В последний день [месяца] шавваль мы отправились обратно по Ларской дороге, по которой прибыли сюда. Когда мы достигли пределов Тибета, большинство его жителей поспешили встретить нас подношениями и малом, кроме жителей одного из вилайатов Тибета — Карса. Там имелось ущелье, такое узкое, как сердце скупого, и в конце теснины шел ров, подобный стене вала, такой глубины и такой страшный, что сила воображения не может постичь этого. Туда вела узкая тропа, на которой в ясный день было темно, как ночью. Надеясь на такое ущелье в своих горах и на то, что ни одно живое существо не сможет покорить это ущелье, они проявили непокорность и допустили пренебрежение в уплате мала. Во время полуденного намаза мы расположились неподалеку от них и всю ночь до утра готовились к бою.
Утром, когда золотые нити щита небесного свода протянули свои лучи с востока к земле для захвата крепости и покорения мира, войско вооружилось и издало боевой клич. Произошло сражение. Несколько раз неверные сбрасывали сверху руками камни[1142] и прогоняли войско ислама. А войско ислама крепко подвязывало полу мужества поясом старания и ставило ногу твердости на гору войны с неверными. В конце концов порыв ветра ислама /294а/ как солому развеял ветром небытия крепость неверных, которая была подобна горе, так что большинство тех убийц неверных и проклятых упрямцев было перебито, а спасшиеся от меча полетели как порошок по ветру бегства и исчезли. Все, что было у них немого и говорящего из числа их имущества и семейства, досталось храброму войску ислама. От этого необъятный ужас поселился в сердцах других неверных и, сделав средством спасения своей жизни и детей все, что они имели, они положили на блюдо подношения и преподнесли нам. Мы собрали весь мал вилайата Пурик, являющегося одним из важных владений Тибета, и разделили между эмирами и воинами. Специально для хана мы отобрали немного редких вещей и направились в Марйул.
ГЛАВА 104.
ВОЗВРАЩЕНИЕ ХАНА ИЗ МАРЙУЛА В СТОЛИЦУ ЙАРКАНД И РАЗРЕШЕНИЕ АВТОРУ КНИГИ ОТПРАВИТЬСЯ В УРСАНГ
Стихи:
Расставание, в конце которого наступает встреча, и разлука, которая в итоге завершается свиданием, проницательным людям не кажется несчастьем. Всадники страстных желаний и страданий толкуют такую разлуку как свидание, соединенное с разлукой, и в этой разлуке на пути[1143] к свиданию они прокладывают широкую дорогу из надежды соединения с радостью. Байт:
[И все это] вопреки тому, что за свиданием рисуется разлука, как говорят — стихи:
Это положение соответствует удивительным событиям, пережитым сим рабом, необычность которых повергнет в изумление проницательных людей. Вот они: сей раб прибыл, одержав разные победы, и прахом ханского порога провел по своим глазам подобно лечебной сурьме.

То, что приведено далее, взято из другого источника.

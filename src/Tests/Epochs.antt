-- ===== src/Tests/Epochs.antt =====
-- Batches of requests at concrete inputs.
use myblockchain.Prelude.{
  ◌≡◌, ◌<◌, ◌++◌, String, refl, sym, ap, List, [], ◌∷◌, map, true, none, some, arith, length,
}
use myblockchain.Transaction.{MockTransaction, mock_transaction, empty_payload}
use myblockchain.Epochs.{
  EpochHelper, EpochRequest, EpochResponse, epoch_server, serve, serve_all, collect_batch,
  set_epochs, verify_batch_hash,
}
use myblockchain.Epochs.Batches.{raw_of, verify_batch_hash-serve}
use myblockchain.Epochs.Times.{Requests, answer, serve_all_lem}
use myblockchain.Epochs.Tampering.{Readable, verdict, verify_batch_hash-last}
use myblockchain.Sha256.{Sha256}
use myblockchain.Transaction.Wire.{Fits, body, deserialize-body}
use myblockchain.Tests.Wire.{Token, tokens, zeros, constant_hash}

abbrev pub plain_helper : EpochHelper
plain_helper = record {
  parse_request = λ item. (item, item);
  parse_payload = λ text. empty_payload;
  user_signed = λ text digest. true;
  rsa_encrypt = λ epoch hash nonce. "signature";
  rsa_decrypt = λ epoch hash nonce signature. true;
  decrypt-encrypt = λ epoch hash nonce. refl;
}

abbrev a_request : EpochRequest
a_request = record { batch_hash = "hash"; request_batch_size = 3 }

pub small-Fits :
    (t : MockTransaction) → t.tid < 4294967296 → t.epoch < 4294967296 → Fits tokens constant_hash t
small-Fits t small early = record {
  tid_fits = small;
  epoch_fits = early;
  payload_fits = omega arith;
  rwset_fits = omega arith;
}

abbrev three_requests : Requests
three_requests = (5, 5, a_request) ∷ (5, 7, a_request) ∷ (8, 8, a_request) ∷ []

serve_all_lem_example :
    map answer (serve_all plain_helper three_requests (epoch_server 5)).0
    ≡ (1, 3) ∷ (1, 6) ∷ (2, 9) ∷ []
serve_all_lem_example =
    serve_all_lem plain_helper three_requests (epoch_server 5) (λ e h. refl)
      (omega arith, (omega arith, (omega arith, tt))) (omega arith) (omega arith)

-- A hash of a list of texts that gives the first one.
abbrev first_text : List String → String
first_text [] = ""
first_text (t ∷ ts) = t

abbrev pub plain_sha : Sha256
plain_sha = record {
  Context = List String;
  sha256_reset = λ c. (true, []);
  sha256_input = λ c t. (true, c ++ (t ∷ []));
  sha256_result = λ c. (true, first_text c, c);
  digest_of = first_text;
  Holds = λ c ts. c ≡ ts;
  reset-Holds = λ c. (refl, refl);
  input-Holds = λ c ts t e. (refl, ap (λ texts. texts ++ (t ∷ [])) e);
  result-Holds = λ c ts e. (refl, ap first_text e);
}

verify_batch_hash-serve_example :
    (ts : List MockTransaction) × (request : EpochRequest) × (c1 d1 : List String) × (collect_batch
        plain_helper plain_sha
        ("one" ∷ "two" ∷ [])
        []
      ≡ some (ts, request, c1))
    × (verify_batch_hash plain_helper plain_sha tokens constant_hash
          (map
            (raw_of plain_helper tokens constant_hash)
            (set_epochs plain_helper (serve plain_helper 5 7 request (epoch_server 5)).0 ts))
          (serve plain_helper 5 7 request (epoch_server 5)).0
          ("rest" ∷ [])
        ≡ some (true, d1))
verify_batch_hash-serve_example =
    verify_batch_hash-serve plain_helper tokens constant_hash plain_sha "one" ("two" ∷ []) 5 7
      (epoch_server 5) [] ("rest" ∷ []) (λ raw. (zeros 32, refl))
      (λ raw h e. ap (λ o. elim o [ none ↦ 32 | some x ↦ length x ]) (sym e)) (omega arith)
      (refl, (refl, tt))
      (small-Fits _ (omega arith) (omega arith), (small-Fits _ (omega arith) (omega arith), tt))

-- The text of a transaction with this digest.
abbrev raw_with : String → List Token
raw_with digest =
    body tokens constant_hash
      (record mock_transaction { payload = record empty_payload { digest = digest } })
    ++ zeros 32

readable :
    (digest : String) → Readable plain_helper plain_sha tokens constant_hash (raw_with digest)
readable digest = (
  (true, record mock_transaction { payload = record empty_payload { digest = digest } }),
  deserialize-body tokens constant_hash
      (record mock_transaction { payload = record empty_payload { digest = digest } })
      mock_transaction (zeros 32) (small-Fits _ (omega arith) (omega arith)) refl,
)

abbrev a_response : EpochResponse
a_response = record {
  request = record { batch_hash = "last"; request_batch_size = 2 };
  epoch = 1;
  nonce = 2;
  signature = "signature";
}

verify_batch_hash-last_example :
    verdict plain_helper plain_sha tokens constant_hash (
      verify_batch_hash plain_helper plain_sha tokens constant_hash
        (raw_with "one" ∷ raw_with "last" ∷ [])
        a_response
        [])
    ≡ verdict plain_helper plain_sha tokens constant_hash (
        verify_batch_hash plain_helper plain_sha tokens constant_hash
          (raw_with "forged" ∷ raw_with "last" ∷ [])
          a_response
          [])
verify_batch_hash-last_example =
    verify_batch_hash-last plain_helper plain_sha tokens constant_hash (raw_with "one" ∷ [])
      (raw_with "forged" ∷ []) (raw_with "last") a_response [] refl (readable "one", tt)
      (readable "forged", tt)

Когда счастливый взгляд [Са'ид] хана пал на меня, от счастья встречи /294б/ на его лице стали проступать признаки радости. Он простер ко мне руки милости и раскрыл объятия радости. Я выразил ему такую преданность, выше которой невозможно представить себе. Я приблизился и ощутил счастье объятий. Обилие радости и большое счастье растрогали сердце. Хан некоторое время держал меня в объятиях, осыпая мою шею и плечо жемчужными каплями своей милости и любви. Я так же, рассыпая подобно каплям дождя перлы из раковины искренности и чистоты, наполнил ими подол могущества и объятия счастья хана. Рубай:
После выражения почтения и выполнения церемоний приветствий хан подробно расспросил меня о делах. Я изложил все таким подробным образом, что в изложении моем отразились все мельчайшие детали происшедших событий. Когда подробности событий полностью дошли до высочайшего слуха [Са'ид] хана, он еще раз рассыпал жемчужины царской благосклонности и сказал: “Благодарность к тебе этого ханского семейства самая великая и истинная, потому что никто прежде из хаканов-завоевателей, от Чингиза до наших дней, не протянул руку господства к воротнику Кашмира. Сейчас благодаря твоему самоотверженному старанию и усердию минбары Кашмира украсились титулами могольских хаканов. Султаны и правители его поставлены в ряд с другими султанами мира, которые выражали покорность и повиновение в прежние времена и сейчас беспомощны перед властью могольских хаканов. И это великое и славное дело, признательность за которое обязательна как для нас, так и для всех могольских хаканов и для всех государственных мужей, особенно для наших детей, так как этим наше имя обрело славу, а гордость этого имени принадлежит им!”